Как я это определил? А по шраму от операции. Шрам стал кривой. Хирург же по прямой разрезал. Этот шрам еще зажить не успел. Но я рассчитал, что боль не боль — а это единственный выход. И правильно поступил. Потом там появились бы рубцы, все связалось, и вставить на прежнее место позвонок не удалось бы никакими силами. Я стал бы слегка горбатым.
Все это я себе в заслугу ставлю. И еще сестра моя, конечно. Сердечное спасибо ей. Никто другой такого делать не стал бы. Не решился.
Врачам я ничего не сказал. А тут вскорости привезли Валерия Брумеля после его трагической травмы ноги. Все внимание переключилось на него. А хирург, который делал мне операцию, даже ни разу ко мне не зашел. Он не знал, что я выживу. Ему стыдно было. И даже много позже, когда я с помощью манежа передвигался по территории больницы, он всегда меня обходил...
Итак, стала приходить ко мне методистка. Часик занималась. Она все эти манипуляции, пассивные движения делала, чтобы максимум сохранить мышцы, чтоб контрактуры не было, чтоб суставы были более или менее нормальные. И одновременно, конечно, кое-какие движения в позвоночнике в месте травмы были, не могли не быть.
Что интересно: если бы мне, как врачи считали, через два-три месяца начать гимнастику, когда все заживет, успокоится... Вот тогда бы я на ноги не встал. Это уж точно.
Как хирург, я знаю, что при переломе ноги, скажем, брали легкий молоточек и стучали по пятке. Для чего? Для того, чтобы постоянно раздражать место травмы. Тогда там все хорошо срастается, более активное кровообращение, и обменные процессы активизируются. Это известная вещь, к сожалению, не все врачи ей следуют.
Да я и сам без методистки, лежа делал, что мог. И все мои движения так или иначе влияли на позвоночник. Он быстрее сросся без всяких костных мозолей.
То, что мы рано начали заниматься движениями и давали правильную нагрузку, решило все дело. Разрыв разрывом, но что-то ведь сохраняется — какие-то веточки, жилочки — что понемногу срослось, поскольку тому были созданы благоприятные условия. Организм всегда и сам стремится к воссозданию нарушенного, надо только ему помогать.

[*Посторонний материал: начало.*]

-- ===== src/Server/Ipc/Reads.antt =====
-- What `readByte` takes from a ring.
use k230_lr2021_radio.Prelude.{
  true, ℕ, ◌+◌, ◌-◌, ◌%◌, ◌≡◌, ◌≢◌, ◌≤◌, ◌<◌, ◌⊎◌, inl, inr, ◌∙◌, refl, sym, subst, ap, ap₂, List,
  [], ◌∷◌, ◌++◌, arith, length, Option, none, some, if◌then◌else◌, ltb, append-nil,
}
use k230_lr2021_radio.Server.Parser.{Bytes, slice}
use k230_lr2021_radio.Server.Ipc.{write_word, read_ring, refill, first_byte, read_byte_ipc}
use k230_lr2021_radio.Server.Ipc.Headers.{word_at-ext, write_word_outside, word_at-write_word}
use k230_lr2021_radio.Server.Ipc.Cells.{run, length-run, run-ext, run-append, slice-run}
use k230_lr2021_radio.Server.Ipc.Fifo.{head_of, tail_of, cell, contents, IsFlat}

slice-cells :
    (base t : ℕ) (f : Bytes) (i n : ℕ)
    → ((k : ℕ) → k < n → i + k ≡ base + 16 + (t + k) % 65520)
    → slice f i n ≡ run (cell base f) t n
slice-cells base t f i n e = slice-run f i n ∙ run-ext f (cell base f) i t n (λ k p. ap f (e k p))

module _ (base t n : ℕ) (f : Bytes) (few : n ≤ 65520) where
  read_ring_whole :
      t % 65520 + n ≤ 65520 → read_ring base t n f ≡ slice f (base + 16 + t % 65520) n ++ []
  unfolding read_ring
  read_ring_whole fits = ground arith

  read_ring_split :
      65520 < t % 65520 + n
      → read_ring base t n f
        ≡ slice f (base + 16 + t % 65520) (65520 - t % 65520)
          ++ slice f (base + 16) (n - (65520 - t % 65520))
  unfolding read_ring
  read_ring_split over = ground arith

  fits_or_over : (t % 65520 + n ≤ 65520) ⊎ (65520 < t % 65520 + n)
  fits_or_over = ground arith

  -- The pieces of a read are a run of cells.
  pub read_ring_lem : read_ring base t n f ≡ run (cell base f) t n
  read_ring_lem = elim fits_or_over [
    | inl fits ↦ read_ring_whole fits ∙ append-nil _ ∙ slice-cells base t f _ n (λ k p. omega arith)
    | inr over ↦
        read_ring_split over
        ∙ ap₂ ◌++◌ (slice-cells base t f _ (65520 - t % 65520) (λ k p. omega arith)) (
            slice-cells base (t + (65520 - t % 65520)) f _ (n - (65520 - t % 65520))
              (λ k p. omega arith))
        ∙ run-append (cell base f) t (65520 - t % 65520) (n - (65520 - t % 65520))
        ∙ ap (run (cell base f) t) {x = 65520 - t % 65520 + (n - (65520 - t % 65520))} {y = n}
            (omega arith)
  ]

module _ (base n : ℕ) (f : Bytes) (small : n < 4294967296) where
  abbrev moved : Bytes
  moved = write_word (base + 4) n f

  pub head-moved : head_of base moved ≡ head_of base f
  head-moved =
      word_at-ext moved f base
        (λ k p. write_word_outside (base + 4) n f (base + k) (inl (omega arith)))

  pub tail-moved : tail_of base moved ≡ n
  tail-moved = word_at-write_word (base + 4) n f small

  contents-moved : contents base moved ≡ run (cell base f) n (head_of base f - n)
  contents-moved =
      ap₂ (λ x y. run (cell base moved) x (y - x)) tail-moved head-moved
      ∙ run-ext (cell base moved) (cell base f) n n (head_of base f - n)
          (λ k p. write_word_outside (base + 4) n f _ (inr (omega arith)))

-- The oldest byte of a queue, and the queue behind it.
abbrev pub pop : List ℕ → Option ℕ × List ℕ
pop [] = (none, [])
pop (b ∷ q) = (some b, q)

-- The bytes that a reader has before it, those of its buffer first.
abbrev pub waiting : ℕ → List ℕ → Bytes → List ℕ
waiting base pending f = pending ++ contents base f

-- How many bytes are taken of those that are there.
abbrev quota : ℕ → ℕ
quota avail = if ltb avail 4096 then avail else 4096

quota_le : (avail : ℕ) → quota avail ≤ avail
quota_le avail = ground arith

quota_cap : (avail : ℕ) → quota avail ≤ 4096
quota_cap avail = ground arith

quota_pos : (avail : ℕ) → avail ≢ 0 → 0 < quota avail
quota_pos avail h = ground arith

-- A step of the reader, against the queue before it.
record IsPop (base h : ℕ) (q : List ℕ) (out : Option ℕ × List ℕ × Bytes) : Type 0 where
  popped : (out.0, waiting base out.1 out.2) ≡ pop q
  flat : IsFlat base out.2
  kept : head_of base out.2 ≡ h

served :
    (base h : ℕ) (xs q : List ℕ) (f : Bytes)
    → 0 < length xs
    → q ≡ xs ++ contents base f
    → IsFlat base f
    → head_of base f ≡ h
    → IsPop base h q (first_byte (some xs, f))
served base h [] q f some_there e flat kept = absurd (omega arith)
served base h (x ∷ xs) q f some_there e flat kept = record {
  popped = ap pop (sym e);
  flat = flat;
  kept = kept;
}

module _ (base : ℕ) (f : Bytes) (flat : IsFlat base f) (small : head_of base f < 4294967296) where
  refill_empty : head_of base f ≡ tail_of base f → refill base f ≡ (none, f)
  unfolding refill
  refill_empty e = ground arith

  refill_filled :
      head_of base f ≢ tail_of base f
      → let n = quota (head_of base f - tail_of base f) in
        refill base f
        ≡ (some (read_ring base (tail_of base f) n f), write_word (base + 4) (tail_of base f + n) f)
  unfolding refill
  refill_filled ne = let o = flat.ordered in let i = flat.fits in ground arith

  refill_empty-IsPop :
      head_of base f ≡ tail_of base f
      → IsPop base (head_of base f) (contents base f) (first_byte (refill base f))
  refill_empty-IsPop e =
      subst (λ r. IsPop base (head_of base f) (contents base f) (first_byte r))
        (sym (refill_empty e))
        (record {
          popped = ap (λ q. (none, q)) empty ∙ ap pop (sym empty);
          flat = flat;
          kept = refl;
        })
    where
      empty : contents base f ≡ []
      empty =
          ap (run (cell base f) (tail_of base f)) {x = head_of base f - tail_of base f} {y = 0}
            (omega arith)

  refill_filled-IsPop :
      head_of base f ≢ tail_of base f
      → IsPop base (head_of base f) (contents base f) (first_byte (refill base f))
  refill_filled-IsPop ne =
      let h = head_of base f in
      let t = tail_of base f in
      let n = quota (h - t) in
      let o = flat.ordered in
      let i = flat.fits in
      let le = quota_le (h - t) in
      let few = quota_cap (h - t) in
      let some_there = quota_pos (h - t) (omega arith) in
      let small' : t + n < 4294967296 = omega arith in
      let whole = read_ring_lem base t n f (omega arith) in
      let f' = write_word (base + 4) (t + n) f in
      subst (λ r. IsPop base (head_of base f) (contents base f) (first_byte r))
        (sym (refill_filled ne))
        (served base h (read_ring base t n f) (contents base f) f'
          (subst (λ l. 0 < l) (sym (ap length whole ∙ length-run (cell base f) t n)) some_there)
          (ap (run (cell base f) t) {x = h - t} {y = n + (h - (t + n))} (omega arith)
            ∙ sym (run-append (cell base f) t n (h - (t + n)))
            ∙ ap₂ ◌++◌ (sym whole) (sym (contents-moved base (t + n) f small')))
          (record {
            ordered =
                omega (arith, head-moved base (t + n) f small', tail-moved base (t + n) f small');
            fits =
                omega (arith, head-moved base (t + n) f small', tail-moved base (t + n) f small');
          })
          (head-moved base (t + n) f small'))

  refill-IsPop : IsPop base (head_of base f) (contents base f) (first_byte (refill base f))
  refill-IsPop = elim same_or_not [ inl e ↦ refill_empty-IsPop e | inr ne ↦ refill_filled-IsPop ne ]
    where
      same_or_not : (head_of base f ≡ tail_of base f) ⊎ (head_of base f ≢ tail_of base f)
      same_or_not = ground arith

-- On a ring with flat counts whose header can be read, a byte read is the oldest of those that wait,
-- in the reader's buffer or in the ring, and none is lost, repeated or moved; -1 is returned when none
-- waits. The counts stay flat, and that of the bytes written, a word of 32 bits, does not change.
pub read_byte_ipc-pop :
    (base : ℕ) (pending : List ℕ) (f : Bytes)
    → IsFlat base f
    → head_of base f < 4294967296
    → let out = read_byte_ipc true base pending f in
      ((out.0, waiting base out.1 out.2) ≡ pop (waiting base pending f))
      × IsFlat base out.2
      × (head_of base out.2 ≡ head_of base f)
unfolding read_byte_ipc
read_byte_ipc-pop base (b ∷ pending) f flat small = (refl, flat, refl)
read_byte_ipc-pop base [] f flat small =
    let r = refill-IsPop base f flat small in (r.popped, r.flat, r.kept)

Очень много сделала для меня Анастасия Лапушкина. Через шесть месяцев, что я пробыл в больнице, она поставила меня на ноги в манеж.
Сначала я, конечно, вставал на колени — ползал, если можно так назвать, по кровати. Еще прежде переворачивали меня на живот санитары. А когда я стал вставать на колени — нужно было держать меня с двух сторон. Целая эквилибристика. Потом я сам научился использовать спинку кровати.
Нашли для меня и манеж для стояния, ходьбы. Но он такой громоздкий был, такой тяжелый, что я сам себе придумал другой — легонький, удобный, хороший. По моим чертежам его изготовили друзья. Он мне долго служил. Потом я отдал его кому-то нуждающемуся.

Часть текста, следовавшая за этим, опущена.